Pertemuan itu berlangsung hangat dan produktif dengan fokus pembahasan penguatan sinergi promosi wisata untuk mengangkat citra Kota Medan sebagai salah satu destinasi unggulan di Indonesia.
Ketua PWPM, Muhammad Edison Ginting menegaskan, pihaknya siap menjadi mitra strategis Pemerintah Kota Medan dalam mendukung publikasi program dan promosi destinasi wisata secara masif dan berkelanjutan.
“Kami ingin membangun kolaborasi yang kuat bersama Dinas Pariwisata untuk memperkenalkan potensi wisata Kota Medan lebih luas lagi. Promosi yang positif dan konsisten sangat penting agar Medan semakin dikenal sebagai kota tujuan wisata,” ujar Edison.
Menurut wartawan senior yang akrab disapa Ginting "Cobra" ini, langkah kolaboratif tersebut juga sejalan dengan arahan Wali Kota Medan Rico Tri Putra Bayu Waas yang mendorong organisasi profesi agar aktif bersinergi dengan Organisasi Perangkat Daerah (OPD) demi mendukung pembangunan kota di berbagai sektor, termasuk pariwisata.
Sementara itu, Kepala Dinas Pariwisata Kota Medan, Odi Batubara, menilai media memiliki peran penting dalam membangun branding pariwisata Kota Medan, baik di tingkat nasional maupun internasional.

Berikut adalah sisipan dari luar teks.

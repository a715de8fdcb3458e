-- ===== src/Msg/TypeByte.antt =====
-- src/msg/type_byte.rs: the first byte of a message, as an enumeration.
use postgread.Prelude.{ℕ, ◌≡◌, refl, Option, none, some, ◌==◌, if◌then◌else◌, arith}

pub data TypeByte : Type 0 where
  authentication backend_key_data bind bind_complete command_complete : TypeByte
  data_row empty_query_response execute_or_error_response notice_response : TypeByte
  gss_response_or_password_or_sasl_responses negotiate_protocol_version : TypeByte
  parameter_status_or_sync parse parse_complete portal_suspended query : TypeByte
  ready_for_query row_description terminate : TypeByte

-- The derived `IntoPrimitive`.
unfoldable pub into : TypeByte → ℕ
into authentication = b'R'
into backend_key_data = b'K'
into bind = b'B'
into bind_complete = b'2'
into command_complete = b'C'
into data_row = b'D'
into empty_query_response = b'I'
into execute_or_error_response = b'E'
into notice_response = b'N'
into gss_response_or_password_or_sasl_responses = b'p'
into negotiate_protocol_version = b'v'
into parameter_status_or_sync = b'S'
into parse = b'P'
into parse_complete = b'1'
into portal_suspended = b's'
into query = b'Q'
into ready_for_query = b'Z'
into row_description = b'T'
into terminate = b'X'

-- The derived `TryFromPrimitive`: the variant of that discriminant, `none` for its error.
unfoldable pub try_from : ℕ → Option TypeByte
try_from b =
    if b == b'R'
    then some authentication
    else if b == b'K'
    then some backend_key_data
    else if b == b'B'
    then some bind
    else if b == b'2'
    then some bind_complete
    else if b == b'C'
    then some command_complete
    else if b == b'D'
    then some data_row
    else if b == b'I'
    then some empty_query_response
    else if b == b'E'
    then some execute_or_error_response
    else if b == b'N'
    then some notice_response
    else if b == b'p'
    then some gss_response_or_password_or_sasl_responses
    else if b == b'v'
    then some negotiate_protocol_version
    else if b == b'S'
    then some parameter_status_or_sync
    else if b == b'P'
    then some parse
    else if b == b'1'
    then some parse_complete
    else if b == b's'
    then some portal_suspended
    else if b == b'Q'
    then some query
    else if b == b'Z'
    then some ready_for_query
    else if b == b'T'
    then some row_description
    else if b == b'X'
    then some terminate
    else none

-- Every variant is read back from its byte.
pub try_from-into : (t : TypeByte) → try_from (into t) ≡ some t
unfolding try_from into
try_from-into authentication = refl
try_from-into _ = refl

-- A byte that is read as a variant is that variant's own byte.
pub into-try_from : (b : ℕ) (t : TypeByte) → try_from b ≡ some t → into t ≡ b
unfolding try_from into
into-try_from b t h = ground arith
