-- ===== src/Prelude/Int.antt =====
-- Signed machine integers: the `as i16` and `as i32` of a bit pattern.
use Prim.Native.Nat.{ℕ, suc, ◌-◌, ◌^◌, ◌<◌}
use mathlib.Core.Path.{◌≡◌, refl}
use native.Mathlib.Omega.{arith}
use mathlib.Core.Logic.{◌⊎◌, inl, inr}
use postgread.Prelude.Tests.{Bool-cases, ◌==◌, ltb, if◌then◌else◌}

-- `negsuc n` is -(n + 1).
pub data ℤ : Type 0 where
  pos : ℕ → ℤ
  negsuc : ℕ → ℤ

-- The integer that a two's complement pattern of `w` bits stands for.
unfoldable pub as_signed : ℕ → ℕ → ℤ
as_signed w n = if ltb n (2 ^ (w - 1)) then pos n else negsuc (2 ^ w - n - 1)

-- The pattern of `w` bits of an integer.
unfoldable pub to_pattern : ℕ → ℤ → ℕ
to_pattern w (pos n) = n
to_pattern w (negsuc n) = 2 ^ w - n - 1

pub as_signed_nonneg : (n : ℕ) → n < 2147483648 → as_signed 32 n ≡ pos n
unfolding as_signed
as_signed_nonneg n h = ground arith

pub as_signed_minus_one : as_signed 32 4294967295 ≡ negsuc 0
unfolding as_signed
as_signed_minus_one = refl

-- A pattern of 32 bits is a length, or -1, or less.
pub as_signed-cases :
    (n : ℕ)
    → n < 4294967296
    → ((as_signed 32 n ≡ pos n) × (n < 2147483648))
      ⊎ (((as_signed 32 n ≡ negsuc 0) × (n ≡ 4294967295))
          ⊎ ((k : ℕ) × (as_signed 32 n ≡ negsuc (suc k))))
unfolding as_signed
as_signed-cases n h = elim (Bool-cases (ltb n 2147483648)) [
  | inl small ↦ inl (rw small, ground arith)
  | inr large ↦ inr (elim (Bool-cases (n == 4294967295)) [
    | inl one ↦ inl (ground arith, ground arith)
    | inr more ↦ inr (4294967294 - n, ground arith)
  ])
]

-- A two's complement number of `w` bits.
abbrev pub IsSigned : ℕ → ℤ → Type 0
IsSigned w (pos n) = n < 2 ^ (w - 1)
IsSigned w (negsuc n) = n < 2 ^ (w - 1)

pub as_signed16-to_pattern :
    (z : ℤ) → IsSigned 16 z → (as_signed 16 (to_pattern 16 z) ≡ z) × (to_pattern 16 z < 65536)
unfolding as_signed to_pattern
as_signed16-to_pattern (pos n) h = (ground arith, omega arith)
as_signed16-to_pattern (negsuc n) h = (ground arith, omega arith)

pub to_pattern-as_signed16 :
    (n : ℕ) → n < 65536 → IsSigned 16 (as_signed 16 n) × (to_pattern 16 (as_signed 16 n) ≡ n)
unfolding as_signed to_pattern
to_pattern-as_signed16 n h = elim (Bool-cases (ltb n 32768)) [
  | inl small ↦ rw small (ground arith, refl)
  | inr large ↦ rw large (ground arith, ground arith)
]

pub as_signed32-to_pattern :
    (z : ℤ) → IsSigned 32 z → (as_signed 32 (to_pattern 32 z) ≡ z) × (to_pattern 32 z < 4294967296)
unfolding as_signed to_pattern
as_signed32-to_pattern (pos n) h = (ground arith, omega arith)
as_signed32-to_pattern (negsuc n) h = (ground arith, omega arith)

pub to_pattern-as_signed32 :
    (n : ℕ) → n < 4294967296 → IsSigned 32 (as_signed 32 n) × (to_pattern 32 (as_signed 32 n) ≡ n)
unfolding as_signed to_pattern
to_pattern-as_signed32 n h = elim (Bool-cases (ltb n 2147483648)) [
  | inl small ↦ rw small (ground arith, refl)
  | inr large ↦ rw large (ground arith, ground arith)
]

“Kami sangat terbuka terhadap kritik dan masukan. Saat ini Kota Medan sedang berbenah melalui revitalisasi sejumlah ikon kota seperti Lapangan Merdeka dan Gedung Warenhuis. Ini menjadi momentum besar untuk memperkuat identitas wisata Kota Medan,” katanya.
Menurutnya, setiap kegiatan dan event yang digelar pemerintah tidak lagi sekadar bersifat seremonial, melainkan harus mampu menjadi instrumen promosi strategis yang menghasilkan konten kreatif bernilai jual.
“Event sekarang harus memberikan dampak promosi. Kita ingin menjual kekuatan wisata sejarah, budaya, dan kuliner Kota Medan melalui konten kreatif yang mampu menarik wisatawan datang langsung ke Medan,” tegas Odi.
Dalam diskusi tersebut, Dispar Medan juga memaparkan keberhasilan program Car Free Night (CFN) di kawasan Kota Lama Kesawan yang setiap pekan dipadati masyarakat. Tingginya antusiasme publik dinilai menjadi indikator meningkatnya daya tarik wisata perkotaan di Kota Medan.
Selain itu, Pemko Medan terus mengembangkan lima Kawasan Strategis Pariwisata (KSP) berdasarkan Perwal Nomor 23 Tahun 2025, meliputi kawasan Kesawan dan Lapangan Merdeka, Taman Cadika dan Medan Zoo, kawasan religi dan taman kota, kawasan heritage Istana Maimun dan Masjid Raya, hingga kawasan wisata bahari dan sejarah di Medan bagian utara.
Sebagai bentuk dukungan konkret terhadap pengembangan promosi wisata, PWPM juga mengusulkan pelaksanaan lomba karya tulis jurnalistik bertema pariwisata Kota Medan. Usulan tersebut mendapat sambutan positif dari Dinas Pariwisata dan direncanakan masuk dalam pembahasan program mendatang.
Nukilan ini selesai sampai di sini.